## Data for analysis
━━━━
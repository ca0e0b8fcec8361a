-- ===== src/Actor/Supervisor/Children.antt =====
-- What a failure does to a supervisor's children.
use smalltalk_a_vm.Prelude.{
  ℕ, zero, suc, ◌+◌, ◌≤◌, ◌<◌, ◌≡◌, ◌≢◌, refl, sym, ◌∙◌, subst, arith, Bool, true, false, not, ◌&&◌,
  ◌||◌, some, List, [], ◌∷◌, length, get_or, set, map, ◌==◌, inl, inr, Bool-cases, Option-cases,
  bit, sum, sum-set, sum_none, ℕ_discrete,
}
use smalltalk_a_vm.Actor.Supervisor.{
  ChildSpec, SupervisorData, Supervisor, Effect, no_child, find_child_by_id, vacate_living,
  terminate, terminate_each, terminate_all_children, escalate_to_parent, count_restart,
  replace_actor,
}

abbrev pub child_at : Supervisor → ℕ → ChildSpec
child_at s i = get_or s.sup_data.children i no_child

-- The children that a failure of actor `k` may mean, and those with an id but no actor.
abbrev pub with_id : ℕ → ChildSpec → ℕ
with_id k spec = bit (spec.current_actor_id == k)

abbrev pub stale : ChildSpec → ℕ
stale spec = bit (spec.current_actor == 0 && not (spec.current_actor_id == 0))

-- Living children have different ids, and a child without an actor has the id 0.
pub record IsValid (specs : List ChildSpec) : Type 0 where
  pub one : (k : ℕ) → k ≢ 0 → sum (with_id k) specs ≤ 1
  pub vacant : sum stale specs ≡ 0

pub find_child_sound :
    (specs : List ChildSpec) (k i : ℕ)
    → find_child_by_id specs k ≡ some i
    → (i < length specs) × ((get_or specs i no_child).current_actor_id ≡ k)
unfolding find_child_by_id
find_child_sound [] k i e = absurd (cc)
find_child_sound (spec ∷ specs) k i e = elim (Bool-cases (spec.current_actor_id == k)) [
  | inl here ↦
      let z : 0 ≡ i = ground arith in
      subst
        (λ j.
          (j < length (spec ∷ specs)) × ((get_or (spec ∷ specs) j no_child).current_actor_id ≡ k))
        z (omega arith, ground arith)
  | inr later ↦ elim (Option-cases (find_child_by_id specs k)) [
    | inl n ↦ absurd (ground arith)
    | inr (j, f) ↦
        let (a, b) = find_child_sound specs k j f in
        let z : suc j ≡ i = ground arith in
        subst
          (λ j.
            (j < length (spec ∷ specs)) × ((get_or (spec ∷ specs) j no_child).current_actor_id ≡ k))
          z (omega arith, b)
  ]
]

-- Emptying the slots of the living.
vacated_ids :
    (specs : List ChildSpec) (k : ℕ)
    → k ≢ 0
    → sum (with_id k) (map vacate_living specs) + 0 ≤ sum stale specs
vacated_ids [] k real = omega arith
vacated_ids (x ∷ xs) k real = ground (arith, vacated_ids xs k real)

vacated_stale : (specs : List ChildSpec) → sum stale (map vacate_living specs) ≤ sum stale specs
vacated_stale [] = omega arith
vacated_stale (x ∷ xs) = ground (arith, vacated_stale xs)

-- Whether the effects have the end of an actor.
abbrev pub ends : ℕ → List Effect → Bool
ends a [] = false
ends a (Effect.terminated b ∷ es) = b == a || ends a es
ends a (Effect.escalated i r ∷ es) = ends a es
ends a (Effect.crash_event ∷ es) = ends a es

ends-terminate : (a b : ℕ) (es : List Effect) → ends a es ≡ true → ends a (terminate b es) ≡ true
ends-terminate a b es h = elim (Bool-cases (b == 0)) [
  | inl e ↦ rw e h
  | inr e ↦ rw e (ground arith)
]

ends_self : (a : ℕ) (es : List Effect) → a ≢ 0 → ends a (terminate a es) ≡ true
ends_self a es real = let ne : (a == 0) ≡ false = ground arith in rw ne (ground arith)

ends_each :
    (specs : List ChildSpec) (a : ℕ) (es : List Effect)
    → ends a es ≡ true
    → ends a (terminate_each specs es) ≡ true
unfolding terminate_each
ends_each [] a es h = h
ends_each (x ∷ xs) a es h =
    ends_each xs a (terminate x.current_actor es) (ends-terminate a x.current_actor es h)

each_ends :
    (specs : List ChildSpec) (i : ℕ) (es : List Effect)
    → i < length specs
    → (get_or specs i no_child).current_actor ≢ 0
    → ends (get_or specs i no_child).current_actor (terminate_each specs es) ≡ true
unfolding terminate_each
each_ends [] i es a real = absurd (omega arith)
each_ends (x ∷ xs) zero es a real =
    ends_each xs x.current_actor (terminate x.current_actor es) (ends_self x.current_actor es real)
each_ends (x ∷ xs) (suc i) es a real =
    each_ends xs i (terminate x.current_actor es) (omega arith) real

-- The failed child's actor is gone, and was ended.
pub record Retired (old : ChildSpec) (specs : List ChildSpec) (effects : List Effect) : Type 0 where
  pub valid : IsValid specs
  pub gone : sum (with_id old.current_actor_id) specs ≡ 0
  pub ended : ends old.current_actor effects ≡ true

abbrev pub Retires : Supervisor → ℕ → Supervisor → Type 0
Retires s i s' = Retired (child_at s i) s'.sup_data.children s'.effects

escalate_data : (s : Supervisor) (reason : ℕ) → (escalate_to_parent s reason).sup_data ≡ s.sup_data
unfolding escalate_to_parent
escalate_data s reason = elim (Bool-cases s.has_parent) [
  | inl e ↦ rw (e, escalate_to_parent) refl
  | inr e ↦ rw (e, escalate_to_parent) refl
]

escalate_ends :
    (s : Supervisor) (reason a : ℕ)
    → ends a s.effects ≡ true
    → ends a (escalate_to_parent s reason).effects ≡ true
unfolding escalate_to_parent
escalate_ends s reason a h = elim (Bool-cases s.has_parent) [
  | inl e ↦ rw (e, escalate_to_parent) h
  | inr e ↦ rw (e, escalate_to_parent) h
]

-- Escalating leaves the children as they are.
pub escalate_keeps :
    (old : ChildSpec) (s : Supervisor) (reason : ℕ)
    → Retired old s.sup_data.children s.effects
    → Retired old
        (escalate_to_parent s reason).sup_data.children
        (escalate_to_parent s reason).effects
escalate_keeps old s reason r = record {
  valid = subst (λ d. IsValid d.children) (sym (escalate_data s reason)) r.valid;
  gone =
      subst (λ d. sum (with_id old.current_actor_id) d.children ≡ 0) (sym (escalate_data s reason))
        r.gone;
  ended = escalate_ends s reason old.current_actor r.ended;
}

module _ (s : Supervisor) (i : ℕ) (v : IsValid s.sup_data.children)
    (inside : i < length s.sup_data.children) (real : (child_at s i).current_actor_id ≢ 0) where
  alive : (child_at s i).current_actor ≢ 0
  alive z = let n = sum_none stale s.sup_data.children i no_child inside v.vacant in ground arith

  pub replaced :
      (actor id : ℕ)
      → (actor ≡ 0 → id ≡ 0)
      → id ≢ (child_at s i).current_actor_id
      → (id ≢ 0 → sum (with_id id) s.sup_data.children ≡ 0)
      → Retires s i (replace_actor s i actor id)
  unfolding replace_actor
  replaced actor id fits other fresh = record {
    valid = record {
      one = λ k nonzero. elim (ℕ_discrete k id) [
        | yes e ↦
            let f =
              subst (λ j. sum (with_id j) s.sup_data.children ≡ 0) (sym e)
                (fresh (λ z. nonzero (e ∙ z))) in
            ground (arith, ids k)
        | no ne ↦ ground (arith, ids k, v.one k nonzero)
      ];
      vacant = stales (ℕ_discrete actor 0);
    };
    gone =
        ground
          (arith, ids (child_at s i).current_actor_id, v.one (child_at s i).current_actor_id real);
    ended = ends_self (child_at s i).current_actor s.effects alive;
  }
    where
      spec : ChildSpec
      spec = record (child_at s i) { current_actor = actor; current_actor_id = id }

      ids :
          (k : ℕ)
          → sum (with_id k) (set s.sup_data.children i spec) + with_id k (child_at s i)
            ≡ sum (with_id k) s.sup_data.children + with_id k spec
      ids k = sum-set (with_id k) s.sup_data.children i spec no_child inside

      stales : Dec (actor ≡ 0) → sum stale (set s.sup_data.children i spec) ≡ 0
      stales (yes z) =
          let y = fits z in
          ground (arith, sum-set stale s.sup_data.children i spec no_child inside, v.vacant)
      stales (no n) =
          ground (arith, sum-set stale s.sup_data.children i spec no_child inside, v.vacant)

  pub emptied : Retires s i (replace_actor s i 0 0)
  emptied = replaced 0 0 (λ z. refl) (λ z. real (sym z)) (λ n. absurd (n refl))

  pub all_vacated : Retires s i (terminate_all_children s)
  unfolding terminate_all_children
  all_vacated = record {
    valid = record {
      one = λ k nonzero. omega (arith, vacated_ids s.sup_data.children k nonzero, v.vacant);
      vacant = omega (arith, vacated_stale s.sup_data.children, v.vacant);
    };
    gone =
        omega
          (arith, vacated_ids s.sup_data.children (child_at s i).current_actor_id real, v.vacant);
    ended = each_ends s.sup_data.children i s.effects inside alive;
  }

-- What counting a restart leaves alone.
pub counted_children : (d : SupervisorData) (t : ℕ) → (count_restart d t).children ≡ d.children
unfolding count_restart
counted_children d t = ground arith
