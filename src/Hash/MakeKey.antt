-- ===== src/Hash/MakeKey.antt =====
-- `fm_make_key`: the packed key of a record.
use fastmem_mariadb.Prelude.{ℕ, ◌+◌, ◌-◌, ◌/◌, List, [], ◌∷◌, ◌++◌, ltb, if◌then◌else◌, drop}
use fastmem_mariadb.Core.{Bytes, read_bytes}
use fastmem_mariadb.KeyDef.{KeySeg}
use fastmem_mariadb.Hash.{Server, set_if_smaller, nullable, is_null, is_vartext1, has_bits, bits_of}

-- How many bytes of the record `fm_make_key` copies for a part.
unfoldable pub copied_length : KeySeg → Bytes → ℕ
copied_length seg pos =
    let cs = seg.charset in
    let chars = cs.charpos (read_bytes seg.length pos) (seg.length / cs.mbmaxlen) in
    let n = if ltb 1 cs.mbmaxlen then set_if_smaller chars seg.length else seg.length in
    if is_vartext1 seg.type then n + seg.bit_start else if has_bits seg then n - 1 else n

-- `fm_make_key`: the packed key of a record.
unfoldable pub make_key : Server → List KeySeg → Bytes → Bytes
unfolding is_null copied_length
make_key sv [] rec = []
make_key sv (seg ∷ segs) rec =
    let pos = drop seg.start rec in
    let null_byte : Bytes = if nullable seg then (if is_null seg rec then 1 else 0) ∷ [] else [] in
    let bits_byte : Bytes = if has_bits seg then bits_of sv seg rec ∷ [] else [] in
    null_byte ++ bits_byte ++ read_bytes (copied_length seg pos) pos ++ make_key sv segs rec
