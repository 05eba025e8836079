-- ===== src/Handler/Unique.antt =====
-- `find_unique_row` of ha_fastmem.cc: the row with the same values of a unique key.
pub mod Decides
use fastmem_mariadb.Prelude.{
  ℕ, Bool, true, false, not, Option, none, some, Run, done, ◌>>=◌, ◌++◌, if◌then◌else◌, drop,
  length,
}
use fastmem_mariadb.Core.{Bytes}
use fastmem_mariadb.Core.Lookup.{find}
use fastmem_mariadb.Data.{Table, Info, HaCode, ha_ok, ha_key_not_found, no_flags, slot_gen}
use fastmem_mariadb.Hash.{Server}
use fastmem_mariadb.Hash.MakeKey.{make_key}
use fastmem_mariadb.Handler.{Handler}
use fastmem_mariadb.Handler.Reads.{RowOutcome, lock_and_reread}

-- Whether the row is found (the result 0), with its image.
abbrev pub UniqueOutcome : Type 0
UniqueOutcome = Table × Handler × Bool × Option Bytes

abbrev pub unique_result : RowOutcome → UniqueOutcome
unique_result (t, h, ha_ok, buf) = (t, h, true, buf)
unique_result (t, h, code, buf) = (t, h, false, none)

-- The part behind `fm_core_find`; `fm_make_key` has written the key into `lastkey`.
unfoldable pub unique_found :
    (Table → Table) → Table → Handler → ℕ → Option (ℕ × Bytes) → Run UniqueOutcome
unfolding lock_and_reread
unique_found others t h unique_idx none = done (t, h, false, none)
unique_found others t h unique_idx (some (idx, buf)) =
    let info : Info = record h.file {
      current_slot = some idx;
      current_gen = slot_gen t idx;
      lastinx = some unique_idx;
      update = record no_flags { aktiv = true };
    } in
    let found : Handler = record h { file = info } in
    let locked =
      lock_and_reread ha_key_not_found (others t) found >>= λ r. done (unique_result r) in
    if h.write_stmt then locked else done (t, found, true, some buf)

unfoldable pub find_unique_row :
    Server → (Table → Table) → Table → Handler → Bytes → ℕ → Run UniqueOutcome
unfolding unique_found
find_unique_row sv others t h rec unique_idx =
    let kd = t.keydef unique_idx in
    let key = make_key sv kd.segs rec in
    let packed : Info = record h.file { lastkey = key ++ drop (length key) h.file.lastkey } in
    let h' : Handler = record h { file = packed } in
    let looked = find t.core unique_idx key >>= unique_found others t h' unique_idx in
    if not kd.nosame then done (t, h, false, none) else looked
━━━━
## What the task requires
Please return all lines from the records that hold the word "locked".

## Exercise solution
    let locked =
    if h.write_stmt then locked else done (t, found, true, some buf)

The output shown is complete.